Résultats? Les voici :
> Méfiance. Lorsque le PDG n'a pas vraiment confiance envers l'un de ses lieutenants, la performance de l'entreprise en prend un méchant coup. Pourquoi? «Parce que le lieutenant en question se sent frustré et désappointé, et est ainsi amené à sous-performer», indique l'étude. À noter que l'impact est d'autant plus fort que l'écart des niveaux de confiance est grand et que cet écart n'est pas clairement avoué et assumé par les deux principaux intéressés.
> Confiance réciproque.
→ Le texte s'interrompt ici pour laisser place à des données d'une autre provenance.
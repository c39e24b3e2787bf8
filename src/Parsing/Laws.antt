-- ===== src/Parsing/Laws.antt =====
-- The parser: what it lets through, what an expression may be, and where it raises.
use slack_runtests.Prelude.{
  All, Bool, Bool-cases, List, Option, Option-cases, Text, Text-discrete, [], codes, contains,
  false, inl, inr, length, none, or_default, refl, some, subst, suc, true, zero, ℕ, ℕ_discrete,
  ◌++◌, ◌∷◌, ◌≡◌, nat_eq, text_eq, int_eq, option_eq,
}
use slack_runtests.Parsing.{
  Args, Flag, Given, Item, Parsed, actions, and_then, bad_usage, check_expressions, classify,
  complete, consume, dashes, flag, is_bad, marker_flag, nothing_given, parse, parse_args, parsed,
  product_flag, products, select_flag, server_flag, servers, skip_dashes, slack_arg_error, store,
  store_action, value,
}
use slack_runtests.Strings.{join}
use slack_runtests.Python.{Result, Result-cases, ok, raised, value_error}
use slack_runtests.Shlex.{IsPlainWord, IsUnquoted, double_quote, shlex_split, shlex_split-unclosed}

abbrev pub is_allowed : List Text → Option Text → Bool
is_allowed choices none = true
is_allowed choices (some v) = contains choices v

-- Every value so far is one of its choices.
record IsChecked (g : Given) : Type 0 where
  action : is_allowed actions g.action ≡ true
  product : is_allowed products g.product ≡ true
  server : is_allowed servers g.server ≡ true

-- The outcome of a step, if it has one, is checked.
abbrev Checked : Option Given → Type 0
Checked none = Unit {0}
Checked (some g) = IsChecked g

store-IsChecked : (f : Flag) (v : Text) (g : Given) → IsChecked g → Checked (store f v g)
unfolding store
store-IsChecked product_flag v g h = elim (Bool-cases (contains products v)) [
  | inl fits ↦ rw fits (record { action = h.action; product = fits; server = h.server })
  | inr wrong ↦ rw wrong tt
]
store-IsChecked server_flag v g h = elim (Bool-cases (contains servers v)) [
  | inl fits ↦ rw fits (record { action = h.action; product = h.product; server = fits })
  | inr wrong ↦ rw wrong tt
]
store-IsChecked select_flag v g h = record {
  action = h.action;
  product = h.product;
  server = h.server;
}
store-IsChecked marker_flag v g h = record {
  action = h.action;
  product = h.product;
  server = h.server;
}

store_action-IsChecked : (v : Text) (g : Given) → IsChecked g → Checked (store_action v g)
unfolding store_action
store_action-IsChecked v g h = elim (Bool-cases (contains actions v)) [
  | inl fits ↦ rw fits (record { action = fits; product = h.product; server = h.server })
  | inr wrong ↦ rw wrong tt
]

and_then-Checked :
    (o : Option Given) (f : Given → Option Given)
    → Checked o
    → ((g : Given) → IsChecked g → Checked (f g))
    → Checked (and_then o f)
and_then-Checked none f h k = tt
and_then-Checked (some g) f h k = k g h

consume-IsChecked :
    (n : ℕ) (is_open : Bool) (items : List Item) (g : Given)
    → IsChecked g
    → Checked (consume n is_open items g)
unfolding consume
consume-IsChecked zero is_open items g h = tt
consume-IsChecked (suc n) is_open [] g h = h
consume-IsChecked (suc n) is_open (flag f (some v) ∷ items) g h =
    and_then-Checked (store f v g) _ (store-IsChecked f v g h)
      (λ g' h'. consume-IsChecked n is_open items g' h')
consume-IsChecked (suc n) is_open (flag f none ∷ value v ∷ items) g h =
    and_then-Checked (store f v g) _ (store-IsChecked f v g h)
      (λ g' h'. consume-IsChecked n is_open items g' h')
consume-IsChecked (suc n) true (value v ∷ items) g h =
    and_then-Checked (store_action v g) _ (store_action-IsChecked v g h)
      (λ g' h'. consume-IsChecked n false (skip_dashes items) g' h')
consume-IsChecked (suc n) true (dashes ∷ items) g h = consume-IsChecked n true items g h
consume-IsChecked (suc n) is_open _ g h = tt

-- Arguments that the allowlists and the pattern for expressions let through.
pub record IsAllowed (a : Args) : Type 0 where
  pub action : contains actions a.action ≡ true
  pub product : contains products a.product ≡ true
  pub server : contains servers a.server ≡ true
  pub select : is_bad a.select ≡ false
  pub marker : is_bad a.marker ≡ false

-- The outcome of the parser, if it is arguments, has passed the allowlists.
abbrev OnLists : Args → Type 0
OnLists a =
    (contains actions a.action ≡ true)
    × (contains products a.product ≡ true)
    × (contains servers a.server ≡ true)

or_default-fits :
    (choices : List Text) (o : Option Text) (d : Text)
    → is_allowed choices o ≡ true
    → contains choices d ≡ true
    → contains choices (or_default o d) ≡ true
or_default-fits choices none d h k = k
or_default-fits choices (some v) d h k = h

abbrev AreOnLists : Option Args → Type 0
AreOnLists none = Unit {0}
AreOnLists (some a) = OnLists a

complete-OnLists : (g : Given) → IsChecked g → AreOnLists (complete g)
complete-OnLists g h = elim (Option-cases g.product) [
  | inl absent ↦ rw absent tt
  | inr (p, given) ↦ rw given (
    or_default-fits actions g.action (codes "run") h.action
        (unfold Text-discrete ℕ_discrete in refl),
    subst (λ o. is_allowed products o ≡ true) given h.product,
    or_default-fits servers g.server (codes "staging") h.server
        (unfold Text-discrete ℕ_discrete in refl),
  )
]

parse_args-OnLists : (words : List Text) → AreOnLists (parse_args words)
unfolding parse_args
parse_args-OnLists words =
    let items = classify words in
    let end = consume (suc (length items)) true items nothing_given in
    let checked : Checked end =
      consume-IsChecked (suc (length items)) true items nothing_given
        (record { action = refl; product = refl; server = refl }) in
    elim (Option-cases end) [
      | inl failed ↦ rw (failed, AreOnLists) tt
      | inr (g, left) ↦ rw (left, AreOnLists) (complete-OnLists g (subst Checked left checked))
    ]

-- Arguments that come out are allowed ones.
abbrev AreAllowed : Result Parsed → Type 0
AreAllowed (ok (parsed a)) = IsAllowed a
AreAllowed (ok (slack_arg_error error)) = Unit {0}
AreAllowed (raised e) = Unit {0}

check_expressions-AreAllowed : (a : Args) → OnLists a → AreAllowed (ok (check_expressions a))
unfolding check_expressions
check_expressions-AreAllowed a (on_actions, on_products, on_servers) =
    elim (Bool-cases (is_bad a.select)) [
      | inl bad ↦ rw bad tt
      | inr select ↦ elim (Bool-cases (is_bad a.marker)) [
        | inl bad ↦ rw (select, bad) tt
        | inr marker ↦
            rw (select, marker)
              (record {
                action = on_actions;
                product = on_products;
                server = on_servers;
                select = select;
                marker = marker;
              })
      ]
    ]

checked_words-AreAllowed :
    (words : List Text)
    → AreAllowed (
        ok (elim (parse_args words) [
          | none ↦ slack_arg_error bad_usage
          | some args ↦ check_expressions args
        ]))
checked_words-AreAllowed words = elim (Option-cases (parse_args words)) [
  | inl failed ↦ rw failed tt
  | inr (args, given) ↦
      rw given
        (check_expressions-AreAllowed args (subst AreOnLists given (parse_args-OnLists words)))
]

parse-AreAllowed : (text : Text) → AreAllowed (parse text)
unfolding parse
parse-AreAllowed text = elim (Result-cases (shlex_split text)) [
  | inl (words, split) ↦ rw (split, AreAllowed) (checked_words-AreAllowed words)
  | inr (e, raises) ↦ rw (raises, AreAllowed) tt
]

-- Whatever the text is, arguments that the parser returns name an action, a product and a server
-- of the allowlists, and their expressions match the pattern.
pub parse-IsAllowed : (text : Text) (a : Args) → parse text ≡ ok (parsed a) → IsAllowed a
parse-IsAllowed text a e = subst AreAllowed e (parse-AreAllowed text)

-- A double quote that is never closed makes `parse` raise a ValueError, which is no
-- SlackArgError, whatever plain words stand before it.
pub parse_unclosed :
    (w : Text) (words : List Text) (s : Text)
    → All IsPlainWord (w ∷ words)
    → All IsUnquoted s
    → parse (join b' ' (w ∷ words) ++ b' ' ∷ double_quote ∷ s) ≡ raised value_error
unfolding parse
parse_unclosed w words s h k = rw (shlex_split-unclosed w words s h k) refl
Lorsque le niveau de confiance du PDG envers son lieutenant est le même que celui du lieutenant envers son PDG, c'est-à-dire lorsque la confiance est équilibrée entre les deux, alors la performance de l'entreprise n'accuse aucun impact négatif particulier dû à ce point-là.
> Überconfiance. Lorsque le niveau de confiance du PDG envers son lieutenant dépasse celui du lieutenant envers son PDG, c'est-à-dire lorsque le premier a tendance à accorder une confiance quasi-aveugle au second, alors la performance de l'entreprise n'accuse aucun impact négatif particulier dû à ce point-là.
Autrement dit, se montrer a priori méfiant amène l'autre à sous-performer ; en revanche, se montrer confiant, voire excessivement confiant, ne résulte pas par le moindre impact négatif. Contrairement à ce que nous aurions pu croire. Contrairement, en fait, à ce que nous croyons tous. En effet, il est faux de croire que si on lâche la bride aux autres, ils vont systématiquement en profiter pour nous planter un couteau dans le dos. Bien au contraire, ils vont profiter de la confiance qui leur est accordée d'emblée, et donc de la liberté qui leur est donnée, pour prendre des initiatives, dans l'idée d'apporter un plus à l'entreprise dans laquelle ils évoluent.
Oui, ils vont chercher à en faire plus. Alors, bien sûr, toutes ces initiatives ne se traduiront pas toujours par un succès. Il y aura dans le lot des échecs, forcément. Des échecs plus ou moins graves. Mais - il convient de le souligner -, tout cela n'aura globalement aucun impact négatif, comme l'a mis au jour le travail de Mme Kulchina.
Par conséquent, on a tout à gagner à faire confiance aux autres. Mieux, à se montrer überconfiant à leur égard. Et tout à perdre à se méfier d'eux. Quant à ceux qui ont en tête des exemples de managers qui ont lâchement profité de la grande confiance qui leur était accordée, j'aimerais juste leur indiquer que cela n'est certes pas agréable à vivre pour ceux qui sont directement en contact avec de tels individus, mais que les conséquences globales de leurs mauvais agissements n'ont, au fond, que peu d'impacts sur la performance de l'entreprise - et, soyons positifs, disons-nous bien que, tôt ou tard, ils finissent par se faire prendre la main dans le sac, et à en payer le prix fort.
Que retenir de tout cela? Ceci, à mon avis :
> Qui entend voir son équipe ou son entreprise performer comme jamais se doit d'accorder la plus grande confiance qui soit envers chacun. Parce que cela évitera les frustrations et autres désappointements dus à la méfiance affichée du leader, et les sous-performances qui s'ensuivent. Et surtout parce que cela donnera du baume au coeur de chacun, avec à la clé une envie folle d'exprimer tous ses talents au travail.
En passant, le navigateur français Éric Tabarly a dit dans ses Mémoires du large : «La confiance est un élément majeur : sans elle, aucun projet n'aboutit».